May you be approaching your 16th Birthday, and may you have been promised, your own car, and may you have your heart set on that red 2012 MazdaSpeed Protege that revs to 170 mph on Craig’s List, and may your parents proudly hand you the keys to a 2002 beige Chrysler station wagon!
May you be texting on a Jewish social networking site and get the following message from Shaloma2: “DYHM” thinking it means “Do You 'Heart' Me” – and may you then learn Shaloma2 is your mother and “DYHM” stands for “Do Your Homework, Mamala!
May you be a hot new Glatt Kosher chef, and may The Food Network challenge you to a televised Throwdown showdown, and may Irishman Bobby Flay beat you, in front of millions, with his gribenes!
May it be Christmas Day, and while your gentile friends are eating ham, surrounded by red and green lights and holly boughs, sitting around a gezunta tree, opening presents, may the only Glatt Kosher Chinese restaurant within 50 miles be “closed for renovations!”

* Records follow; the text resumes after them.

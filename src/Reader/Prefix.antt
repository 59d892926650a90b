-- ===== src/Reader/Prefix.antt =====
-- packet_reader.rs: `packet` and the size limit on a part of a logical packet.
use opensrv.Common.{
  ℕ, zero, suc, ◌+◌, ◌-◌, ◌^◌, ◌<◌, ◌≡◌, refl, ap, ◌∙◌, List, [], ◌∷◌, ◌++◌, Bytes, length,
  length-append, length-take, take, flatten, All, take-append_le, take-append_ge, append_assoc,
  arith, Option, none, some, false, ltb, lt→ltb, le→ltb, err, Result, ◌⊎◌, inl, inr, Bool-cases,
  ltb→lt, ltb→le,
}
use opensrv.Deps.Nom.{Nom, NomErr, incomplete, error}
use opensrv.Wire.Frame.{u24_bytes, frame, next_seq, encode, IsFull, IsPacket}
use opensrv.Reader.{payload_len, breaks_sequence, probe_loop, onepacket, packet, first_byte}
use opensrv.Reader.Frames.{frame_len-u24, le_u24-bytes}
use opensrv.Reader.Assemble.{probe_loop_step, next_seq_follows}

-- The answer of a parser that the reader takes for a packet that has not arrived in full.
abbrev pub WaitsFor {ℓ} : {A : Type ℓ} → Result NomErr A → Type ℓ
WaitsFor r = (r ≡ err incomplete) ⊎ (r ≡ err error)

-- One frame that is cut short.
probe_loop_cut :
    (k fuel seq total : ℕ) (prev : Option ℕ) (payload : Bytes)
    → k < 4 + length payload
    → length payload < 2 ^ 24
    → breaks_sequence prev seq ≡ false
    → probe_loop (suc fuel) (take k (frame seq payload)) total prev ≡ err incomplete
unfolding probe_loop
probe_loop_cut zero fuel seq total prev payload hk h b = refl
probe_loop_cut (suc zero) fuel seq total prev payload hk h b = refl
probe_loop_cut (suc (suc zero)) fuel seq total prev payload hk h b = refl
probe_loop_cut (suc (suc (suc zero))) fuel seq total prev payload hk h b = refl
probe_loop_cut (suc (suc (suc (suc k)))) fuel seq total prev payload hk h b =
    let cut : suc (suc (suc (suc (length (take k payload))))) < 4 + length payload =
      omega (arith, length-take k payload) in
    rw (frame_len-u24 (length payload) h, b) (rw (lt→ltb _ _ cut) refl)

-- `packet` is not broken by a part of a logical packet, and does not take it for a whole one.
probe_loop_prefix :
    (full : List Bytes) (last : Bytes) (k fuel seq total : ℕ) (prev : Option ℕ)
    → All IsFull full
    → length last < 16_777_215
    → breaks_sequence prev seq ≡ false
    → k < length (encode seq full last)
    → k < fuel
    → total + length (flatten full ++ last) < 2 ^ 64
    → probe_loop fuel (take k (encode seq full last)) total prev ≡ err incomplete
probe_loop_prefix full last k zero seq total prev hf hl b hk hn t = absurd (omega arith)
probe_loop_prefix [] last k (suc fuel) seq total prev hf hl b hk hn t =
    probe_loop_cut k fuel seq total prev last (omega arith) (omega arith) b
probe_loop_prefix (f ∷ full) last k (suc fuel) seq total prev (h0, hf) hl b hk hn t =
    elim (Bool-cases (ltb k (4 + length f))) [
      | inl cut ↦
          let hk' = ltb→lt k (4 + length f) cut in
          ap (λ i. probe_loop (suc fuel) i total prev)
            (take-append_le k (frame seq f) rest (omega arith))
          ∙ probe_loop_cut k fuel seq total prev f hk' (omega arith) b
      | inr more ↦
          let hk' = ltb→le k (4 + length f) more in
          ap (λ i. probe_loop (suc fuel) i total prev)
            (take-append_ge k (frame seq f) rest (omega arith))
          ∙ probe_loop_step fuel seq total prev f (take (k - length (frame seq f)) rest)
              (omega arith) b (omega (arith, sizes))
          ∙ rw (le→ltb (length f) 16_777_215 (omega arith)) (
              probe_loop_prefix full last (k - length (frame seq f)) fuel (next_seq seq)
                (total + length f) (some seq) hf hl (next_seq_follows seq)
                (omega (arith, length-append (frame seq f) rest)) (omega arith)
                (omega (arith, sizes)))
    ]
  where
    rest : Bytes
    rest = encode (next_seq seq) full last

    sizes : length (flatten (f ∷ full) ++ last) ≡ length f + length (flatten full ++ last)
    sizes = ap length (append_assoc f (flatten full) last) ∙ length-append f (flatten full ++ last)

module _ (nom : Nom) where
  -- `onepacket` on a frame that is cut short behind its length.
  onepacket_cut :
      (k seq : ℕ) (payload : Bytes)
      → k < 1 + length payload
      → length payload < 2 ^ 24
      → onepacket nom (u24_bytes (length payload) ++ take k (seq ∷ payload)) ≡ err error
  unfolding onepacket first_byte
  onepacket_cut zero seq payload hk h =
      rw (le_u24-bytes nom (length payload) [] h, onepacket)
        (rw (nom.take_short 1 [] (omega arith)) refl)
  onepacket_cut (suc k) seq payload hk h =
      rw (le_u24-bytes nom (length payload) (seq ∷ take k payload) h, onepacket)
        (rw (nom.take_enough 1 (seq ∷ take k payload) (omega arith)) (
          rw
            (nom.take_short (length payload) (take k payload)
              (omega (arith, length-take k payload)))
            refl))

  packet_one_prefix :
      (last : Bytes) (k seq : ℕ)
      → length last < 16_777_215
      → k < 4 + length last
      → WaitsFor (packet nom (take k (frame seq last)))
  unfolding packet payload_len
  packet_one_prefix last zero seq h hk = inl refl
  packet_one_prefix last (suc zero) seq h hk = inl refl
  packet_one_prefix last (suc (suc zero)) seq h hk = inl refl
  packet_one_prefix last (suc (suc (suc k))) seq h hk = inr (
      rw (frame_len-u24 (length last) (omega arith)) (
        rw (lt→ltb (length last) 16_777_215 h)
          (rw (onepacket_cut k seq last (omega arith) (omega arith)) refl)))

  packet_many_prefix :
      (f : Bytes) (full : List Bytes) (last : Bytes) (k seq : ℕ)
      → IsPacket (f ∷ full) last
      → length (flatten (f ∷ full) ++ last) < 2 ^ 64
      → k < length (encode seq (f ∷ full) last)
      → packet nom (take k (encode seq (f ∷ full) last)) ≡ err incomplete
  unfolding packet payload_len breaks_sequence
  packet_many_prefix f full last zero seq p t hk = refl
  packet_many_prefix f full last (suc zero) seq p t hk = refl
  packet_many_prefix f full last (suc (suc zero)) seq p t hk = refl
  packet_many_prefix f full last (suc (suc (suc k))) seq p t hk =
      rw (frame_len-u24 (length f) (omega (arith, p.full_frames.0))) (
        rw (le→ltb (length f) 16_777_215 (omega (arith, p.full_frames.0))) (
          rw
            (probe_loop_prefix (f ∷ full) last (suc (suc (suc k))) (suc (length cut)) seq 0 none
              p.full_frames p.short_last refl hk
              (omega (arith, length-take (suc (suc (suc k))) (encode seq (f ∷ full) last)))
              (omega arith))
            refl))
    where
      cut : Bytes
      cut = take (suc (suc (suc k))) (encode seq (f ∷ full) last)

  -- A proper prefix of a logical packet of fewer than 2 ^ 64 bytes is never taken for a packet, nor for a broken one.
  pub packet-prefix :
      (full : List Bytes) (last : Bytes) (k seq : ℕ)
      → IsPacket full last
      → length (flatten full ++ last) < 2 ^ 64
      → k < length (encode seq full last)
      → WaitsFor (packet nom (take k (encode seq full last)))
  packet-prefix [] last k seq p t hk = packet_one_prefix last k seq p.short_last (omega arith)
  packet-prefix (f ∷ full) last k seq p t hk = inl (packet_many_prefix f full last k seq p t hk)
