-- ===== src/Reader/Rounds.antt =====
-- packet_reader.rs: one round of the loop of `ensure_packet_limit`.
use opensrv.Common.{
  ℕ, zero, suc, ◌+◌, ◌-◌, ◌^◌, ◌≤◌, ◌<◌, ◌≡◌, refl, ap, ◌∙◌, List, ◌∷◌, ◌++◌, Bytes, length,
  length-append, length-take, take, flatten, take-append_le, take-append_ge, append_assoc, arith,
  ltb, leb, if◌then◌else◌, drop-length-append, lt→ltb, le→ltb, ok, err, Result, inl, inr,
  Bool-cases, ltb→lt, ltb→le,
}
use opensrv.Wire.{u24_max, usize_mod, IoError, invalid_data}
use opensrv.Wire.Frame.{u24_bytes, frame}
use opensrv.Reader.{limit_loop}
use opensrv.Reader.Frames.{frame_len-u24, drop-header}

-- The verdict on a size, which an overflow does not change.
abbrev verdict : ℕ → ℕ → Result IoError (Unit {0})
verdict limit size = if ltb limit size then err invalid_data else ok tt

overflow_absorbed :
    (limit size : ℕ) (r : Result IoError (Unit {0}))
    → limit < 2 ^ 64
    → (if leb usize_mod size
        then err invalid_data
        else if ltb limit size
        then err invalid_data
        else r)
      ≡ (if ltb limit size then err invalid_data else r)
overflow_absorbed limit size r h = ground arith

-- A frame that is cut short behind its length.
limit_cut :
    (limit k fuel seq size : ℕ) (payload : Bytes)
    → limit < 2 ^ 64
    → length payload < 2 ^ 24
    → k < 1 + length payload
    → limit_loop limit (suc fuel) (u24_bytes (length payload) ++ take k (seq ∷ payload)) size
      ≡ verdict limit (size + length payload)
unfolding limit_loop
limit_cut limit k fuel seq size payload hl h hk =
    let cut : suc (suc (suc (length (take k (seq ∷ payload))))) < 4 + length payload =
      omega (arith, length-take k (seq ∷ payload)) in
    rw (frame_len-u24 (length payload) h)
      (rw (lt→ltb _ _ cut) (overflow_absorbed limit (size + length payload) _ hl))

limit_step :
    (limit fuel seq size : ℕ) (payload tail : Bytes)
    → limit < 2 ^ 64
    → length payload < 2 ^ 24
    → limit_loop limit (suc fuel) (frame seq payload ++ tail) size ≡ (
        if ltb limit (size + length payload)
        then err invalid_data
        else if ltb (length payload) u24_max
        then ok tt
        else limit_loop limit fuel tail (size + length payload))
unfolding limit_loop
limit_step limit fuel seq size payload tail hl h =
    let enough : 4 + length payload ≤ suc (suc (suc (suc (length (payload ++ tail))))) =
      omega (arith, length-append payload tail) in
    rw (frame_len-u24 (length payload) h) (
      rw (le→ltb _ _ enough, drop-header)
        (rw (drop-length-append payload tail)
          (overflow_absorbed limit (size + length payload) _ hl)))

-- The sum of the lengths behind the first frame, and the bytes that follow it.
pub sizes :
    (f : Bytes) (full : List Bytes) (last : Bytes)
    → length (flatten (f ∷ full) ++ last) ≡ length f + length (flatten full ++ last)
sizes f full last =
    ap length (append_assoc f (flatten full) last) ∙ length-append f (flatten full ++ last)

take-frame :
    (k seq : ℕ) (payload tail : Bytes)
    → 4 + length payload ≤ k
    → take k (frame seq payload ++ tail) ≡ frame seq payload ++ take (k - (4 + length payload)) tail
take-frame k seq payload tail h =
    take-append_ge k (frame seq payload) tail (omega arith)
    ∙ ap (λ n. frame seq payload ++ take n tail) (omega arith)

take_cut :
    (k seq : ℕ) (payload tail : Bytes)
    → k < 1 + length payload
    → take (3 + k) (frame seq payload ++ tail)
      ≡ u24_bytes (length payload) ++ take k (seq ∷ payload)
take_cut k seq payload tail h =
    take-append_le (3 + k) (frame seq payload) tail (omega arith)
    ∙ ap (λ n. take n (frame seq payload)) (three k)
  where
    three : (k : ℕ) → 3 + k ≡ suc (suc (suc k))
    three k = omega arith

-- Less than a length field is no reason to reject.
pub limit_short :
    (limit k fuel seq size : ℕ) (payload tail : Bytes)
    → k < 3
    → limit_loop limit (suc fuel) (take k (frame seq payload ++ tail)) size ≡ ok tt
unfolding limit_loop
limit_short limit zero fuel seq size payload tail h = refl
limit_short limit (suc zero) fuel seq size payload tail h = refl
limit_short limit (suc (suc zero)) fuel seq size payload tail h = refl
limit_short limit (suc (suc (suc k))) fuel seq size payload tail h = absurd (omega arith)

-- What the loop does with the part of a frame that has arrived.
pub limit_part :
    (limit k fuel seq size : ℕ) (payload tail : Bytes)
    → limit < 2 ^ 64
    → length payload < 2 ^ 24
    → 3 ≤ k
    → k < 4 + length payload
    → limit_loop limit (suc fuel) (take k (frame seq payload ++ tail)) size
      ≡ verdict limit (size + length payload)
limit_part limit k fuel seq size payload tail hl h lo hi =
    ap (λ n. limit_loop limit (suc fuel) (take n (frame seq payload ++ tail)) size) (omega arith)
    ∙ ap (λ i. limit_loop limit (suc fuel) i size) (take_cut (k - 3) seq payload tail (omega arith))
    ∙ limit_cut limit (k - 3) fuel seq size payload hl h (omega arith)

pub limit_whole :
    (limit k fuel seq size : ℕ) (payload tail : Bytes)
    → limit < 2 ^ 64
    → length payload < 2 ^ 24
    → 4 + length payload ≤ k
    → limit_loop limit (suc fuel) (take k (frame seq payload ++ tail)) size ≡ (
        if ltb limit (size + length payload)
        then err invalid_data
        else if ltb (length payload) u24_max
        then ok tt
        else limit_loop limit fuel (take (k - (4 + length payload)) tail) (size + length payload))
limit_whole limit k fuel seq size payload tail hl h hk =
    ap (λ i. limit_loop limit (suc fuel) i size) (take-frame k seq payload tail hk)
    ∙ limit_step limit fuel seq size payload (take (k - (4 + length payload)) tail) hl h

-- The three cases of `k` against a frame of `n` bytes of payload.
pub data Arrived (n k : ℕ) : Type 0 where
  short : k < 3 → Arrived n k
  part : 3 ≤ k → k < 4 + n → Arrived n k
  whole : 4 + n ≤ k → Arrived n k

pub arrived : (n k : ℕ) → Arrived n k
arrived n k = elim (Bool-cases (ltb k 3)) [
  | inl e ↦ short (ltb→lt k 3 e)
  | inr e ↦ elim (Bool-cases (ltb k (4 + n))) [
    | inl e' ↦ part (ltb→le k 3 e) (ltb→lt k (4 + n) e')
    | inr e' ↦ whole (ltb→le k (4 + n) e')
  ]
]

May you write a series of brilliant proposals on your computer which will make you a young millionaire, and may your computer crash, but fortunately may you have backed-up with a fancy system your brother, the computer geek, installed -- and may you learn his brilliant system stopped functioning in 2010, as he was eager to get to his chess match!
May you be a hard-working Jewish writer, and may you be studious, conscientious, and passionate in your work, and may you have wonderful readers who appreciate your humor, your research, and your dedication – and may every ethnic humor book publisher say, “too Jewish!”